[Start of Attachment]

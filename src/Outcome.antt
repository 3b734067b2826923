-- ===== src/Outcome.antt =====
-- How a call of the driver's C code ends: with a value, or by one of perl_mongo.c's croaks.
use mongo_perl_driver.Common.{◌≡◌, refl, ◌≢◌, Bool, true, false}

pub data Croak : Type 0 where
  circular_ref empty_key dot_in_key null_in_key no_hash_value no_array_value no_ixhash_value : Croak
  bigint_sign bigint_value bigint_too_large bigint_element string_not_pok wide_character : Croak
  unhandled_class unhandled_ref unhandled_sv unhandled_type not_a_reference odd_elements : Croak
  regex_introspection bad_dt_type unsupported_type bad_scope no_iterator : Croak
  not_an_object invalid_object : Croak
  no_reader_value no_method_value no_instance list_context : Croak
  -- Perl code that was called has died
  perl_died : Croak
  -- what the C code would do at a pointer that leads nowhere
  bad_pointer : Croak

-- `stuck` is no ending of the code: the model's recursion ran out of fuel.
pub data Outcome {ℓ} (A : Type ℓ) : Type ℓ where
  ok : A → Outcome A
  croak : Croak → Outcome A
  stuck : Outcome A

infixl 5 ◌>>=◌ ◌>>◌
unfoldable pub ◌>>=◌ {ℓ κ} : {A : Type ℓ} {B : Type κ} → Outcome A → (A → Outcome B) → Outcome B
ok a >>= f = f a
croak c >>= f = croak c
stuck >>= f = stuck

abbrev pub ◌>>◌ {ℓ} : {B : Type ℓ} → Outcome (Unit {0}) → Outcome B → Outcome B
m >> k = m >>= λ _. k

-- croak(c) when the test fails
abbrev pub require : Bool → Croak → Outcome (Unit {0})
require true c = ok tt
require false c = croak c

pub >>=-eq-ok {ℓ κ} :
    {A : Type ℓ} {B : Type κ} (m : Outcome A) (f : A → Outcome B) {b : B}
    → (m >>= f) ≡ ok b
    → (a : A) × (m ≡ ok a) × (f a ≡ ok b)
unfolding ◌>>=◌
>>=-eq-ok (ok a) f h = (a, refl, h)
>>=-eq-ok (croak c) f h = cc
>>=-eq-ok stuck f h = cc

pub >>=-ne-stuck {ℓ κ} :
    {A : Type ℓ} {B : Type κ} (m : Outcome A) (f : A → Outcome B)
    → m ≢ stuck
    → ((a : A) → m ≡ ok a → f a ≢ stuck)
    → (m >>= f) ≢ stuck
unfolding ◌>>=◌
>>=-ne-stuck (ok a) f h k = k a refl
>>=-ne-stuck (croak c) f h k = λ e. cc
>>=-ne-stuck stuck f h k = λ e. h refl

pub ok-ne-stuck {ℓ} : {A : Type ℓ} (a : A) → ok a ≢ stuck
ok-ne-stuck a e = cc

pub require-ne-stuck : (b : Bool) (c : Croak) → require b c ≢ stuck
require-ne-stuck true c = λ e. cc
require-ne-stuck false c = λ e. cc

pub unit-ok : (m : Outcome (Unit {0})) (u : Unit {0}) → m ≡ ok u → m ≡ ok tt
unit-ok m tt h = h

pub ok_same {ℓ} : {A : Type ℓ} {a b : A} → ok a ≡ ok b → a ≡ b
ok_same h = cc
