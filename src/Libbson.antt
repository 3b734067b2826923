-- ===== src/Libbson.antt =====
-- The interface of libbson (bson/, bundled) that perl_mongo.c calls, as an argument of the model,
-- with its documented behaviour as laws, and an implementation that shows the laws can hold.
use mongo_perl_driver.Common.{ℕ, ℤ, Bool, true, ◌≡◌, refl, []}
use mongo_perl_driver.Perl.{Bytes}

-- A value with no document inside; each is appended by the bson_append_* of its name, or is a
-- type that only an iterator meets. A double is its bit pattern, an OID its twelve bytes.
pub data Leaf : Type 0 where
  double : ℕ → Leaf
  utf8 : Bytes → Leaf
  binary : ℕ → Bytes → Leaf
  undefined : Leaf
  oid : Bytes → Leaf
  bool : Bool → Leaf
  date_time : ℤ → Leaf
  null : Leaf
  regex : Bytes → Bytes → Leaf
  dbpointer : Leaf
  code : Bytes → Leaf
  symbol : Bytes → Leaf
  int32 : ℤ → Leaf
  timestamp : ℕ → ℕ → Leaf
  int64 : ℤ → Leaf
  minkey maxkey : Leaf

-- What iterating over a document shows: its fields in order.
mutual
  pub data Value : Type 0 where
    leaf : Leaf → Value
    document : Fields → Value
    array : Fields → Value
    code_with_scope : Bytes → Fields → Value

  pub data Fields : Type 0 where
    nil : Fields
    field : Bytes → Value → Fields → Fields

infixl 60 ◌⋈◌
-- One document's fields followed by another's.
abbrev pub ◌⋈◌ : Fields → Fields → Fields
nil ⋈ gs = gs
field k v fs ⋈ gs = field k v (fs ⋈ gs)

abbrev pub single : Bytes → Value → Fields
single k v = field k v nil

pub ⋈-nil : (fs : Fields) → fs ⋈ nil ≡ fs
⋈-nil nil = refl
⋈-nil (field k v fs) = rw (⋈-nil fs)

pub ⋈_assoc : (fs gs hs : Fields) → fs ⋈ gs ⋈ hs ≡ fs ⋈ (gs ⋈ hs)
⋈_assoc nil gs hs = refl
⋈_assoc (field k v fs) gs hs = rw (⋈_assoc fs gs hs)

pub record Libbson : Type 1 where
  -- bson_t
  pub Bson : Type 0
  pub bson_new : Bson
  -- bson_append_double, _utf8, _binary, … with key length -1
  pub append : Bson → Bytes → Leaf → Bson
  -- bson_append_document_begin: the child; _end: the parent
  pub document_begin : Bson → Bytes → Bson
  pub document_end : Bson → Bytes → Bson → Bson
  pub array_begin : Bson → Bytes → Bson
  pub array_end : Bson → Bytes → Bson → Bson
  pub append_code_with_scope : Bson → Bytes → Bytes → Bson → Bson
  -- bson_oid_init_from_string
  pub oid_from_string : Bytes → Bytes
  -- bson_get_data
  pub get_data : Bson → Bytes
  -- what bson_iter_init and bson_iter_next show
  pub fields : Bson → Fields
  -- whether every append into the document has returned true
  pub accepted : Bson → Bool

-- An append that libbson accepts adds one field at the end.
pub record LibbsonLaws (api : Libbson) : Type 0 where
  pub fields-new : api.fields api.bson_new ≡ nil
  pub accepted-new : api.accepted api.bson_new ≡ true
  pub fields-append :
      (b : api.Bson) (k : Bytes) (l : Leaf)
      → api.accepted (api.append b k l) ≡ true
      → (api.accepted b ≡ true) × (api.fields (api.append b k l) ≡ api.fields b ⋈ single k (leaf l))
  pub fields-document_begin : (b : api.Bson) (k : Bytes) → api.fields (api.document_begin b k) ≡ nil
  pub fields-document_end :
      (b : api.Bson) (k : Bytes) (c : api.Bson)
      → api.accepted (api.document_end b k c) ≡ true
      → (api.accepted b ≡ true)
        × (api.accepted c ≡ true)
        × (api.fields (api.document_end b k c) ≡ api.fields b ⋈ single k (document (api.fields c)))
  pub fields-array_begin : (b : api.Bson) (k : Bytes) → api.fields (api.array_begin b k) ≡ nil
  pub fields-array_end :
      (b : api.Bson) (k : Bytes) (c : api.Bson)
      → api.accepted (api.array_end b k c) ≡ true
      → (api.accepted b ≡ true)
        × (api.accepted c ≡ true)
        × (api.fields (api.array_end b k c) ≡ api.fields b ⋈ single k (array (api.fields c)))
  pub fields-append_code_with_scope :
      (b : api.Bson) (k s : Bytes) (c : api.Bson)
      → api.accepted (api.append_code_with_scope b k s c) ≡ true
      → (api.accepted b ≡ true)
        × (api.accepted c ≡ true)
        × (api.fields (api.append_code_with_scope b k s c)
            ≡ api.fields b ⋈ single k (code_with_scope s (api.fields c)))

-- Documents as their fields: every append is accepted.
abbrev pub pure_bson : Libbson
pure_bson = record {
  Bson = Fields;
  bson_new = nil;
  append = λ b k l. b ⋈ single k (leaf l);
  document_begin = λ b k. nil;
  document_end = λ b k c. b ⋈ single k (document c);
  array_begin = λ b k. nil;
  array_end = λ b k c. b ⋈ single k (array c);
  append_code_with_scope = λ b k s c. b ⋈ single k (code_with_scope s c);
  oid_from_string = λ s. s;
  get_data = λ b. [];
  fields = λ b. b;
  accepted = λ b. true;
}

pub pure_bson_laws : LibbsonLaws pure_bson
pure_bson_laws = record {
  fields-new = refl;
  accepted-new = refl;
  fields-append = λ b k l h. (refl, refl);
  fields-document_begin = λ b k. refl;
  fields-document_end = λ b k c h. (refl, refl, refl);
  fields-array_begin = λ b k. refl;
  fields-array_end = λ b k c h. (refl, refl, refl);
  fields-append_code_with_scope = λ b k s c h. (refl, refl, refl);
}
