-- ===== src/Encode/Calendar.antt =====
-- is_leap_year and the surrogate timegm of perl_mongo.c (Windows and Solaris builds).
use mongo_perl_driver.Common.{
  ℕ, zero, suc, ◌+◌, ◌-◌, ◌*◌, ◌/◌, ◌%◌, ◌^◌, ◌≤◌, ◌<◌, ◌≡◌, refl, Bool, true, false, not, ◌&&◌,
  ◌||◌, Option, none, some, List, [], ◌∷◌, arith, ◌==◌, if◌then◌else◌, get_elem?, ℤ, pos, negsuc,
  ◌+ℤ◌, ◌*ℤ◌, pos_laws,
}

-- The fields of struct tm that timegm reads.
pub record Tm : Type 0 where
  pub tm_year : ℤ
  pub tm_mon : ℤ
  pub tm_mday : ℤ
  pub tm_hour : ℤ
  pub tm_min : ℤ
  pub tm_sec : ℤ

-- The conversion of an int to unsigned.
unfoldable pub to_unsigned : ℤ → ℕ
to_unsigned (pos n) = n % 2 ^ 32
to_unsigned (negsuc n) = 2 ^ 32 - 1 - n % 2 ^ 32

unfoldable pub is_leap_year : ℕ → Bool
is_leap_year year =
    let year' = (year + 1900) % 2 ^ 32 in
    (year' % 4 == 0) && (not (year' % 100 == 0) || (year' % 400 == 0))

-- for (i = 70; i < tm->tm_year; ++i) ret += is_leap_year(i) ? 366 : 365; by the rounds left
unfoldable pub year_days : ℕ → ℕ → ℕ
year_days zero i = 0
year_days (suc rounds) i = (if is_leap_year i then 366 else 365) + year_days rounds (i + 1)

unfoldable pub rounds_of : ℤ → ℕ
rounds_of (pos y) = y - 70
rounds_of (negsuc y) = 0

abbrev pub month_start : Bool → List ℕ
month_start false = 0 ∷ 31 ∷ 59 ∷ 90 ∷ 120 ∷ 151 ∷ 181 ∷ 212 ∷ 243 ∷ 273 ∷ 304 ∷ 334 ∷ []
month_start true = 0 ∷ 31 ∷ 60 ∷ 91 ∷ 121 ∷ 152 ∷ 182 ∷ 213 ∷ 244 ∷ 274 ∷ 305 ∷ 335 ∷ []

-- month_start[leap][mon]; `none` is a read outside the table.
unfoldable pub month_days : Bool → ℤ → Option ℕ
month_days leap (pos mon) = get_elem? (month_start leap) mon
month_days leap (negsuc mon) = none

-- ret, from the days before the year and before the month.
unfoldable pub time_from : ℕ → Option ℕ → ℤ → ℤ → ℤ → ℤ → Option ℤ
time_from year_part none mday hour min sec = none
time_from year_part (some month_part) mday hour min sec =
    let days = pos year_part +ℤ pos month_part +ℤ (mday +ℤ negsuc 0) in
    some (((days *ℤ pos 24 +ℤ hour) *ℤ pos 60 +ℤ min) *ℤ pos 60 +ℤ sec)

unfoldable pub timegm : Tm → Option ℤ
timegm tm =
    time_from (year_days (rounds_of tm.tm_year) 70)
      (month_days (is_leap_year (to_unsigned tm.tm_year)) tm.tm_mon) tm.tm_mday tm.tm_hour tm.tm_min
      tm.tm_sec

-- The days of the proleptic Gregorian calendar before the first of January of a year.
abbrev pub days_before_year : ℕ → ℕ
days_before_year y = 365 * (y - 1) + (y - 1) / 4 + (y - 1) / 400 - (y - 1) / 100

leap_rule :
    (y : ℕ)
    → 1900 + y < 2 ^ 32
    → days_before_year (1901 + y)
      ≡ days_before_year (1900 + y) + (if is_leap_year y then 366 else 365)
unfolding is_leap_year
leap_rule y h = ground arith

-- The year loop adds up the days from 1970 on.
pub year_days_lem :
    (r y : ℕ)
    → 1900 + y + r < 2 ^ 32
    → days_before_year (1900 + y) + year_days r y ≡ days_before_year (1900 + y + r)
unfolding year_days
year_days_lem zero y h = omega arith
year_days_lem (suc r) y h =
    omega (arith, leap_rule y (omega arith), year_days_lem r (y + 1) (omega arith))

-- The days of the months before the month `m`.
abbrev pub days_before_month : Bool → ℕ → ℕ
days_before_month leap zero = 0
days_before_month leap (suc zero) = 31
days_before_month leap (suc (suc m)) = 31 + (if leap then 29 else 28) + (m * 153 + 2) / 5

month_start_lem :
    (leap : Bool) (m : ℕ) → m < 12 → month_days leap (pos m) ≡ some (days_before_month leap m)
unfolding month_days
month_start_lem false m h = ground arith
month_start_lem true m h = ground arith

-- Seconds since 1970 of a time of day on the day `d` (from 0) of the month `m` (from 0).
abbrev pub seconds : ℕ → ℕ → ℕ → ℕ → ℕ → ℕ → ℕ
seconds year m d hour min sec =
    let leap = is_leap_year year in
    let days =
      days_before_year (1900 + year) - days_before_year 1970 + days_before_month leap m + d in
    ((days * 24 + hour) * 60 + min) * 60 + sec

abbrev pub tm_of : ℕ → ℕ → ℕ → ℕ → ℕ → ℕ → Tm
tm_of year m d hour min sec = record {
  tm_year = pos year;
  tm_mon = pos m;
  tm_mday = pos (suc d);
  tm_hour = pos hour;
  tm_min = pos min;
  tm_sec = pos sec;
}

unsigned_small : (year : ℕ) → year < 2 ^ 32 → to_unsigned (pos year) ≡ year
unfolding to_unsigned
unsigned_small year h = omega arith

loop_days :
    (year : ℕ)
    → 70 ≤ year
    → year + 1900 < 2 ^ 32
    → year_days (year - 70) 70 ≡ days_before_year (1900 + year) - days_before_year 1970
loop_days year h k =
    let loop = year_days_lem (year - 70) 70 (omega arith) in
    let same : 1900 + 70 + (year - 70) ≡ 1900 + year = omega arith in omega (arith, rw same at loop)

-- From 1970 on, timegm counts the seconds since the epoch by the Gregorian calendar.
pub timegm_lem :
    (year m d hour min sec : ℕ)
    → 70 ≤ year
    → year + 1900 < 2 ^ 32
    → m < 12
    → timegm (tm_of year m d hour min sec) ≡ some (pos (seconds year m d hour min sec))
unfolding timegm rounds_of time_from
timegm_lem year m d hour min sec h k hm =
    let days = loop_days year h k in
    rw (unsigned_small year (omega arith), month_start_lem (is_leap_year year) m hm)
      (simp (pos_laws, days))

-- For a common year from 1900 to 1969 the surrogate timegm gives the time of the same day in 1970.
-- The year is counted from 1900.
pub timegm_before_1970 :
    (year m d hour min sec : ℕ)
    → year ≤ 70
    → is_leap_year year ≡ false
    → timegm (tm_of year m d hour min sec) ≡ timegm (tm_of 70 m d hour min sec)
unfolding timegm rounds_of to_unsigned
timegm_before_1970 year m d hour min sec h common =
    let none_left : year - 70 ≡ 0 = omega arith in
    let small : year % 2 ^ 32 ≡ year = omega arith in
    rw (none_left, small, common) (unfold is_leap_year in refl)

[End of Attachment]

Return only the lines spanning from the first line of the material through the line with "bad_pointer : Croak", copied exactly, both ends kept.

filename src/Outcome.antt
repository 3b734067b2826923
-- ===== src/Outcome.antt =====
-- How a call of the driver's C code ends: with a value, or by one of perl_mongo.c's croaks.
use mongo_perl_driver.Common.{◌≡◌, refl, ◌≢◌, Bool, true, false}

pub data Croak : Type 0 where
  circular_ref empty_key dot_in_key null_in_key no_hash_value no_array_value no_ixhash_value : Croak
  bigint_sign bigint_value bigint_too_large bigint_element string_not_pok wide_character : Croak
  unhandled_class unhandled_ref unhandled_sv unhandled_type not_a_reference odd_elements : Croak
  regex_introspection bad_dt_type unsupported_type bad_scope no_iterator : Croak
  not_an_object invalid_object : Croak
  no_reader_value no_method_value no_instance list_context : Croak
  -- Perl code that was called has died
  perl_died : Croak
  -- what the C code would do at a pointer that leads nowhere
  bad_pointer : Croak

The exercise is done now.